*** Opening Records ***
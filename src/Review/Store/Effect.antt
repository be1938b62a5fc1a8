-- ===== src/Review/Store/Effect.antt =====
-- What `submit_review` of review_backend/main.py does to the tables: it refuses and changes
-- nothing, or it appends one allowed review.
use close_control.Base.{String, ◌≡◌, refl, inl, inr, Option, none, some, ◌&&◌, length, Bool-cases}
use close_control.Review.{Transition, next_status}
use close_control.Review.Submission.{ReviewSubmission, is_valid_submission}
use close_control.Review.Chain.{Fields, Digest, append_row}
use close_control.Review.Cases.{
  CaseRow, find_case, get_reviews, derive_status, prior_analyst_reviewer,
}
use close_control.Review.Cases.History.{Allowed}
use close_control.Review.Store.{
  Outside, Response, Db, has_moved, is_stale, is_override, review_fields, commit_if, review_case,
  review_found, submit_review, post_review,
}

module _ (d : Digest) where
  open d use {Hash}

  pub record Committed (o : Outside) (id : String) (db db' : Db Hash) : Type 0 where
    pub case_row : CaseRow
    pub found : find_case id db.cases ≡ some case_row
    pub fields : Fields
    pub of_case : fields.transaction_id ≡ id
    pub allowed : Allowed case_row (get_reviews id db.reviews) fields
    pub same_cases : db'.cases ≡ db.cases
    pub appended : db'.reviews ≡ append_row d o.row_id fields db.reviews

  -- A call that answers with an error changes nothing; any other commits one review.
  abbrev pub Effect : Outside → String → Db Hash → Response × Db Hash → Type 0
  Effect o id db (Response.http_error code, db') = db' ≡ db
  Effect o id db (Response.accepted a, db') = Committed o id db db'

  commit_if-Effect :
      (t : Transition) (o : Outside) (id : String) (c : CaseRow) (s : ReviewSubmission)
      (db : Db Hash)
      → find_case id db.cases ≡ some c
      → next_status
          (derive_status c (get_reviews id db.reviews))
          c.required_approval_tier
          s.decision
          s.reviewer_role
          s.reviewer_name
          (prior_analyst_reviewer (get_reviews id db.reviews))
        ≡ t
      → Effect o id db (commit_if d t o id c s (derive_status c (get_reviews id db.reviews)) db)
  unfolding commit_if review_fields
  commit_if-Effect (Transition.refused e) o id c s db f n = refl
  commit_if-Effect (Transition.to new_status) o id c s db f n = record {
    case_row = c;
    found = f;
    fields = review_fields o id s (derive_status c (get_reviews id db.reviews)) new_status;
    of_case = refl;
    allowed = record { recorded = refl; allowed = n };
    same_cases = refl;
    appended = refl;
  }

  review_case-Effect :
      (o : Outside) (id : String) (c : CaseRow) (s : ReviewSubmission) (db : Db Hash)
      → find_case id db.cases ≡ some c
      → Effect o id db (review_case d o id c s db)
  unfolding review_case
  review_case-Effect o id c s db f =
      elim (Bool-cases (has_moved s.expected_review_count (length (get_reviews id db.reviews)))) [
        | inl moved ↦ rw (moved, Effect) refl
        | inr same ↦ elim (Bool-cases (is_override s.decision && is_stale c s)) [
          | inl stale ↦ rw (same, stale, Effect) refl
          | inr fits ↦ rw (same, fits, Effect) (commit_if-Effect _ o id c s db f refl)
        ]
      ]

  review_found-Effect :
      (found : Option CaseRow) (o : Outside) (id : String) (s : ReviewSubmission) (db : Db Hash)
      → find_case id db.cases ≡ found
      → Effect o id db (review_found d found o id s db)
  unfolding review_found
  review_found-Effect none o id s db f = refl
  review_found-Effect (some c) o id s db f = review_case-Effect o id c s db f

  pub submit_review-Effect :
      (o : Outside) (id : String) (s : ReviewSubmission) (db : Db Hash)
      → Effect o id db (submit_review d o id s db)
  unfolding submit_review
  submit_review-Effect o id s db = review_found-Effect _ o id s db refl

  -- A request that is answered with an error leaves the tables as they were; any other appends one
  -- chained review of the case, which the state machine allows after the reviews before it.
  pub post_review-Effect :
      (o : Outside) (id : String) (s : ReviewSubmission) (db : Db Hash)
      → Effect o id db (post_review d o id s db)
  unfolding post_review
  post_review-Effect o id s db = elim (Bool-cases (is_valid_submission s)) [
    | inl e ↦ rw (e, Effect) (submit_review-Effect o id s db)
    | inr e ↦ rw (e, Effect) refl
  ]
*** Closing Records ***
*** Opening Records ***
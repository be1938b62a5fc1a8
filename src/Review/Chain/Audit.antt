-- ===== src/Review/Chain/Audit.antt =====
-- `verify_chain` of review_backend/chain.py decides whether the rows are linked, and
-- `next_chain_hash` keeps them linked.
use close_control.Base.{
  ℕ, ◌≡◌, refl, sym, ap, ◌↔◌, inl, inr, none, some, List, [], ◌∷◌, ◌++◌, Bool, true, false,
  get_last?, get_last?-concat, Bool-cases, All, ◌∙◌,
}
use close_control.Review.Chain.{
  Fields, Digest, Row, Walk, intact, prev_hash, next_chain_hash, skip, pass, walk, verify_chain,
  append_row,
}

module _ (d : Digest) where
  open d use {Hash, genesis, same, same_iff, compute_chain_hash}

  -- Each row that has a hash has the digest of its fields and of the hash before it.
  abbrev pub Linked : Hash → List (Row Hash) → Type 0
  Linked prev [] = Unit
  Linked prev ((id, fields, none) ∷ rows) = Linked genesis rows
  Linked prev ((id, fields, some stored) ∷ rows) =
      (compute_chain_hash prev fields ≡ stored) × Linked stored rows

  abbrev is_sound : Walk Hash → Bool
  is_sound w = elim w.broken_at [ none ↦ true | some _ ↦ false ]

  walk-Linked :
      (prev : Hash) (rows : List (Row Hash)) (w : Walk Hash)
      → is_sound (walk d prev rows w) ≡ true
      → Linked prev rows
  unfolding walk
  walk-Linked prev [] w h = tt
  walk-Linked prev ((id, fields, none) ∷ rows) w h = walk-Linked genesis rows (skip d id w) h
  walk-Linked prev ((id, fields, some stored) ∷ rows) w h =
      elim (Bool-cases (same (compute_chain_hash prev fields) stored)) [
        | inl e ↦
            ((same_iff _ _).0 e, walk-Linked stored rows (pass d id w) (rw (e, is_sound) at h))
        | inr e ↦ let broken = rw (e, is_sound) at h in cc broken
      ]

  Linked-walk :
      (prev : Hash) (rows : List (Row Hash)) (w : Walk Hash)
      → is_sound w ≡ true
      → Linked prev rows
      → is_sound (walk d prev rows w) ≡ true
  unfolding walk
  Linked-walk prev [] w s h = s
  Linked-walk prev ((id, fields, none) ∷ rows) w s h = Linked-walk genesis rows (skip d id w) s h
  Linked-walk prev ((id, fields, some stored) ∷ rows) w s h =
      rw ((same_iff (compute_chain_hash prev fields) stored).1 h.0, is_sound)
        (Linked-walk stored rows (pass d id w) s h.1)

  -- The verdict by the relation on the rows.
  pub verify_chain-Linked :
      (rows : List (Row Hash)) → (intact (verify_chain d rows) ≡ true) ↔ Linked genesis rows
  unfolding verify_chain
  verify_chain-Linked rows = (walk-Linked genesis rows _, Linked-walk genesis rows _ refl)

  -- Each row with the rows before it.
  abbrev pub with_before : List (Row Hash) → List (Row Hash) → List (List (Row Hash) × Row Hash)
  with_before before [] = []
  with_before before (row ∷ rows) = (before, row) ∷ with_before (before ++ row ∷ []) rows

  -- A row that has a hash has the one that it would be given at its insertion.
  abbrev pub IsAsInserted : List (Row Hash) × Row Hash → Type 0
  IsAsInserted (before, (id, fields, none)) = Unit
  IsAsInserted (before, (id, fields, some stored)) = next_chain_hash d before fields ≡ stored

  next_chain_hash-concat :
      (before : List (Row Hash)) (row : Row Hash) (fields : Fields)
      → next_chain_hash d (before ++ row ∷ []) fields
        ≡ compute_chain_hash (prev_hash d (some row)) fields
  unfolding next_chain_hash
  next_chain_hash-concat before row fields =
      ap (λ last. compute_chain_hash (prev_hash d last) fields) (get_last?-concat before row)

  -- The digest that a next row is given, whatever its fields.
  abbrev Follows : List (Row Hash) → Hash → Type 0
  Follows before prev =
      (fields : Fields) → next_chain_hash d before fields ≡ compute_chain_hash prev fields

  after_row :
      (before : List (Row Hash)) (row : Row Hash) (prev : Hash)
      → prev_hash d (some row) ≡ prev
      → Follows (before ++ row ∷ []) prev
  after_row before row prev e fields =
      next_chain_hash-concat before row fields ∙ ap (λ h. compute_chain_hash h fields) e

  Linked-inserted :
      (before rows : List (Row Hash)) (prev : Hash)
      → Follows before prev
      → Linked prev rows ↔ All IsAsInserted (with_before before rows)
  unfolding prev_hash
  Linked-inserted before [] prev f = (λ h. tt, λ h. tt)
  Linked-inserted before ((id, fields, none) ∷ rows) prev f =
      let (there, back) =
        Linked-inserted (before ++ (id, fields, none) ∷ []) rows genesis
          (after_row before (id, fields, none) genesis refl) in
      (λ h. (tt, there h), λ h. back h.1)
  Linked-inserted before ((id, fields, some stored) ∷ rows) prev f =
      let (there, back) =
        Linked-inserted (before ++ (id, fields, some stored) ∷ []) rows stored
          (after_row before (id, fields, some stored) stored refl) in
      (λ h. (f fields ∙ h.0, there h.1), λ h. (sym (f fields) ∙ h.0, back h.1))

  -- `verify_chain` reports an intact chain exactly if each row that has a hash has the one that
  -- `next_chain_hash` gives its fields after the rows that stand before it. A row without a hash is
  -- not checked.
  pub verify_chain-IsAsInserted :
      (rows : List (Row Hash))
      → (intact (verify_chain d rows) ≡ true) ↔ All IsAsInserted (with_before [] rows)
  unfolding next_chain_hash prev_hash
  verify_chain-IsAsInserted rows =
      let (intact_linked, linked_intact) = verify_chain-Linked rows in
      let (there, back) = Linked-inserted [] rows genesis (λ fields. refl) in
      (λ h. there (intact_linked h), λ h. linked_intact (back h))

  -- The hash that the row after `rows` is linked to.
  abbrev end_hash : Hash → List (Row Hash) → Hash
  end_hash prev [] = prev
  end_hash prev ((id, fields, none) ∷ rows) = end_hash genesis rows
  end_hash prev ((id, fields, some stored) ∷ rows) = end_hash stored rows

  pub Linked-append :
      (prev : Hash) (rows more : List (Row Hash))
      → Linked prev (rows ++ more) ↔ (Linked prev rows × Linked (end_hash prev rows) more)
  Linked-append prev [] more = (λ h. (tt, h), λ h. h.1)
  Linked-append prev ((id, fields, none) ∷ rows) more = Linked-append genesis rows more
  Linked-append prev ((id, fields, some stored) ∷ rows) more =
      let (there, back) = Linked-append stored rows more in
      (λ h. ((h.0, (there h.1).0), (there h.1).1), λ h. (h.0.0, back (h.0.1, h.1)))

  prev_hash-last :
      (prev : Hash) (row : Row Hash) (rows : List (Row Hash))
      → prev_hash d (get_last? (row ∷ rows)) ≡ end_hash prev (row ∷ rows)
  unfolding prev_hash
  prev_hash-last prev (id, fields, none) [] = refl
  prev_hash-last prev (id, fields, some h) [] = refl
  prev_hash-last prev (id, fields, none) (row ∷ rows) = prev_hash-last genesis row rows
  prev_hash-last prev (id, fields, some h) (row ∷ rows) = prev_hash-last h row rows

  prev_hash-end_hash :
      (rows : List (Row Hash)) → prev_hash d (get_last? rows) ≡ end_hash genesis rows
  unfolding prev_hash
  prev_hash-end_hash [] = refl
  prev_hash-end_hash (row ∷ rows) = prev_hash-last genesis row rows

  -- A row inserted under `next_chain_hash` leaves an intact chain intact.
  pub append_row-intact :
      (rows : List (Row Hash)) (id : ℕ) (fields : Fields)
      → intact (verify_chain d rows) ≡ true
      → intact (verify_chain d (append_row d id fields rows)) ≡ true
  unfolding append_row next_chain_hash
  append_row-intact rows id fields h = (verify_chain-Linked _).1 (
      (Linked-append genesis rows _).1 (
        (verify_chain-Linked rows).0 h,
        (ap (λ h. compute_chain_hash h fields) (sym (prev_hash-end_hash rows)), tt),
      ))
*** Closing Records ***
What you should do -
Pull every line containing the word "CaseRow" out of the material and copy it.

Task response -
  CaseRow, find_case, get_reviews, derive_status, prior_analyst_reviewer,
    pub case_row : CaseRow
      (t : Transition) (o : Outside) (id : String) (c : CaseRow) (s : ReviewSubmission)
      (o : Outside) (id : String) (c : CaseRow) (s : ReviewSubmission) (db : Db Hash)
      (found : Option CaseRow) (o : Outside) (id : String) (s : ReviewSubmission) (db : Db Hash)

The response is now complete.